J’ai avancé l’idée que l’âge des outils, ou des techniques, a pris fin au cours des vingt dernières années. On peut évidemment en discerner le germe bien plus tôt, par exemple dans la vision de la “machine universelle” d’Alan Turing (1), mais elle n’apparaît pleinement qu’avec un événement comme la guerre du Golfe, cette guerre informatisée qui a montré aux hommes à la fois leur parfaite impuissance et leur forte assuétude aux écrans sur lesquels ils la voyaient.

Quand je parle de la fin d’une ère, je n’exclus évidemment pas qu’elle se prolonge dans l’histoire : les ères se chevauchent toujours un peu. Ainsi quand Turing choisit de baptiser “machine” la fonction mathématique qu’il a si brillamment analysée, il jette un pont entre l’ère nouvelle et celle qui précisément touche à son terme, présentant comme un stade avancé, voire le dernier stade de l’évolution de la société technologique, ce qui est en fait radicalement neuf. Nombre de grands penseurs sont tombés en un tel piège : à l’aube de la même ère technologique au Moyen Âge, Hugues de Saint-Victor et Theophilus Presbyter, les premiers à concevoir les instruments des divers métiers comme distincts de la main des artisans qui les maniaient, ne réalisèrent pas mieux l’entière nouveauté de cette autre création inédite – une notion générale des outils comme moyens de production.

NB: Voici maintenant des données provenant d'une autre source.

-- ===== src/Audit/Line.antt =====
-- What can stand in an audit line, whatever the peer sends.
use wterm.Prelude.{
  ℕ, ◌≤◌, ◌≢◌, none, some, [], ◌∷◌, map, arith, leb, length, take, Text, join, join-All, All,
  All-append, All-take, Bool-cases, inl, inr, is_nil,
}
use wterm.Audit.{str, scrub, value_max, ellipsis, value_text, Fields, shown_fields, audit}

-- No ASCII control character.
abbrev pub IsPrintable : ℕ → Type 0
IsPrintable c = (0x20 ≤ c) × (c ≢ 0x7f)

scrub-IsPrintable : (c : ℕ) → IsPrintable (scrub c)
unfolding scrub
scrub-IsPrintable c = ground arith

map-scrub-IsPrintable : (t : Text) → All IsPrintable (map scrub t)
map-scrub-IsPrintable [] = tt
map-scrub-IsPrintable (c ∷ t) = (scrub-IsPrintable c, map-scrub-IsPrintable t)

pub value_text-IsPrintable : (t : Text) → All IsPrintable (value_text t)
unfolding value_text
value_text-IsPrintable t = elim (Bool-cases (leb (length (map scrub t)) value_max)) [
  | inl short ↦ rw short (map-scrub-IsPrintable t)
  | inr long ↦ rw long (
      All-append IsPrintable (take value_max (map scrub t)) (ellipsis ∷ [])
        (All-take IsPrintable value_max (map scrub t) (map-scrub-IsPrintable t)) (omega arith))
]

shown_fields-IsPrintable :
    (fields : Fields)
    → All (λ f. All IsPrintable f.0) fields
    → All (All IsPrintable) (shown_fields fields)
unfolding shown_fields
shown_fields-IsPrintable [] h = tt
shown_fields-IsPrintable ((key, none) ∷ fields) h = shown_fields-IsPrintable fields h.1
shown_fields-IsPrintable ((key, some value) ∷ fields) h = (
  All-append IsPrintable key (b'=' ∷ value_text (str value)) h.0
      ((omega arith, omega arith), value_text-IsPrintable (str value)),
  shown_fields-IsPrintable fields h.1,
)

-- With an event and field names without ASCII control characters, an audit line has none either,
-- whatever the values are: no line feed, no carriage return, no escape and no DEL. The control
-- characters from U+0080 to U+009F are not meant.
pub audit-IsPrintable :
    (event : Text) (fields : Fields)
    → All IsPrintable event
    → All (λ f. All IsPrintable f.0) fields
    → All IsPrintable (audit event fields)
unfolding audit
audit-IsPrintable event fields he hf =
    elim (Bool-cases (is_nil (join (b' ' ∷ []) (shown_fields fields)))) [
      | inl empty ↦ rw empty he
      | inr full ↦ rw full (
          All-append IsPrintable event _ he (
            (omega arith, omega arith),
            join-All IsPrintable (b' ' ∷ []) (shown_fields fields) ((omega arith, omega arith), tt)
                (shown_fields-IsPrintable fields hf),
          ))
    ]
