-- ===== src/Workers/Start.antt =====
-- The pool as it is started: empty queues, and a worker for each.
use native.Mathlib.Nat.{mod-eq_of_lt}
use cor_rest.Base.{
  ltb, ◌==◌, if◌then◌else◌, lt→ltb, Bool-cases, ℕ, zero, suc, ◌+◌, ◌%◌, ◌≤◌, ◌<◌, ◌≡◌, refl, ap,
  subst, inl, inr, Bool, true, false, none, some, List, [], arith,
}
use cor_rest.Workers.{start_threads, worker_pool_start, Pool}
use cor_rest.Workers.Queue.{mem, distinct}
use cor_rest.Workers.Refines.{Represents}

start_threads-mem :
    (creates : ℕ → Bool) (shards n i k : ℕ)
    → (start_threads creates shards n i).1 ≡ true
    → i ≤ k
    → k < i + n
    → mem (k % shards) (start_threads creates shards n i).0 ≡ true
unfolding start_threads mem
start_threads-mem creates shards zero i k all low high = absurd (omega (arith, low, high))
start_threads-mem creates shards (suc n) i k all low high = elim (Bool-cases (creates i)) [
  | inl here ↦
      let all' : (start_threads creates shards n (i + 1)).1 ≡ true = ground (arith, here, all) in
      elim (Bool-cases (k == i)) [
        | inl same ↦
            let e : k ≡ i = ground (arith, same) in ground (arith, here, ap (λ x. x % shards) e)
        | inr other ↦
            let above : i + 1 ≤ k = ground (arith, other, low) in
            ground (
              arith,
              here,
              start_threads-mem creates shards n (i + 1) k all' above (omega (arith, high)),
            )
      ]
  | inr failed ↦ absurd (ground (arith, failed, all))
]

-- The shards that the workers of a pool serve
abbrev pub served : Pool → List ℕ
served p = elim p.worker_v [ none ↦ [] | some ws ↦ ws ]

pub worker_pool_start-serves :
    (callocs : Bool) (creates : ℕ → Bool) (wanted : ℕ) (p : Pool) (s : ℕ)
    → 0 < p.shards
    → (worker_pool_start callocs creates wanted p).0 ≡ true
    → s < (worker_pool_start callocs creates wanted p).1.shards
    → mem s (served (worker_pool_start callocs creates wanted p).1) ≡ true
unfolding worker_pool_start
worker_pool_start-serves false creates wanted p s some_shards ok h = absurd (ground (arith, ok))
worker_pool_start-serves true creates wanted p s some_shards ok h =
    let workers = if ltb wanted 1 then 1 else wanted in
    let shards = if ltb workers p.shards then workers else p.shards in
    let fewer : s < workers = ground (arith, h) in
    let found =
      start_threads-mem creates shards workers 0 s ok (omega arith) (omega (arith, fewer)) in
    subst (λ k. mem k (start_threads creates shards workers 0).0 ≡ true) (mod-eq_of_lt h) found

pub worker_pool_start-Represents :
    (creates : ℕ → Bool) (wanted : ℕ) (p : Pool)
    → 0 < p.shards
    → Represents (worker_pool_start true creates wanted p).1 (λ s. [])
unfolding worker_pool_start distinct mem
worker_pool_start-Represents creates wanted p some_shards = record {
  some_shards = ground (arith, some_shards);
  chains = λ s h. rw (lt→ltb s _ h) refl;
  lasts = λ s h. rw (lt→ltb s _ h) refl;
  once = λ s h. refl;
  own = λ s c h inside. absurd (ground (arith, inside));
}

L’ère née avec Hugues s’est maintenant achevée, car l’ordinateur ne peut se concevoir comme un outil au sens qui a prévalu depuis huit siècles. Pour employer un outil, je dois pouvoir m’imaginer comme distinct de lui, que je puis saisir ou laisser, employer ou non. Même une machine aussi moderne qu’une automobile est encore un appareil dont je puis tourner la clé de contact pour démarrer. On pourrait objecter qu’une automobile ne peut rouler sans un système routier (quoiqu’il me soit arrivé de conduire une jeep en plein désert), et sans doute la Ford T était nettement plus proche d’un simple marteau que les actuels modèles japonais, qui évoquent déjà davantage une espèce de logiciel, tournant sur la machine constituée par les routes, les tribunaux, la police et les secours hospitaliers d’urgence ; il n’en reste pas moins que, face à une voiture, je puis encore imaginer entre elle et moi une distance, une distalité ou extériorité. C’est cela qui devient pure illusion quand je crée une macro sous WordPerfect pour trier mes notes en bas de page : devenu à la fois usager et partie du système, je ne puis plus considérer ma relation avec cette boîte grise comme Theophilus Presbyter le faisait d’un ciseau de charpentier.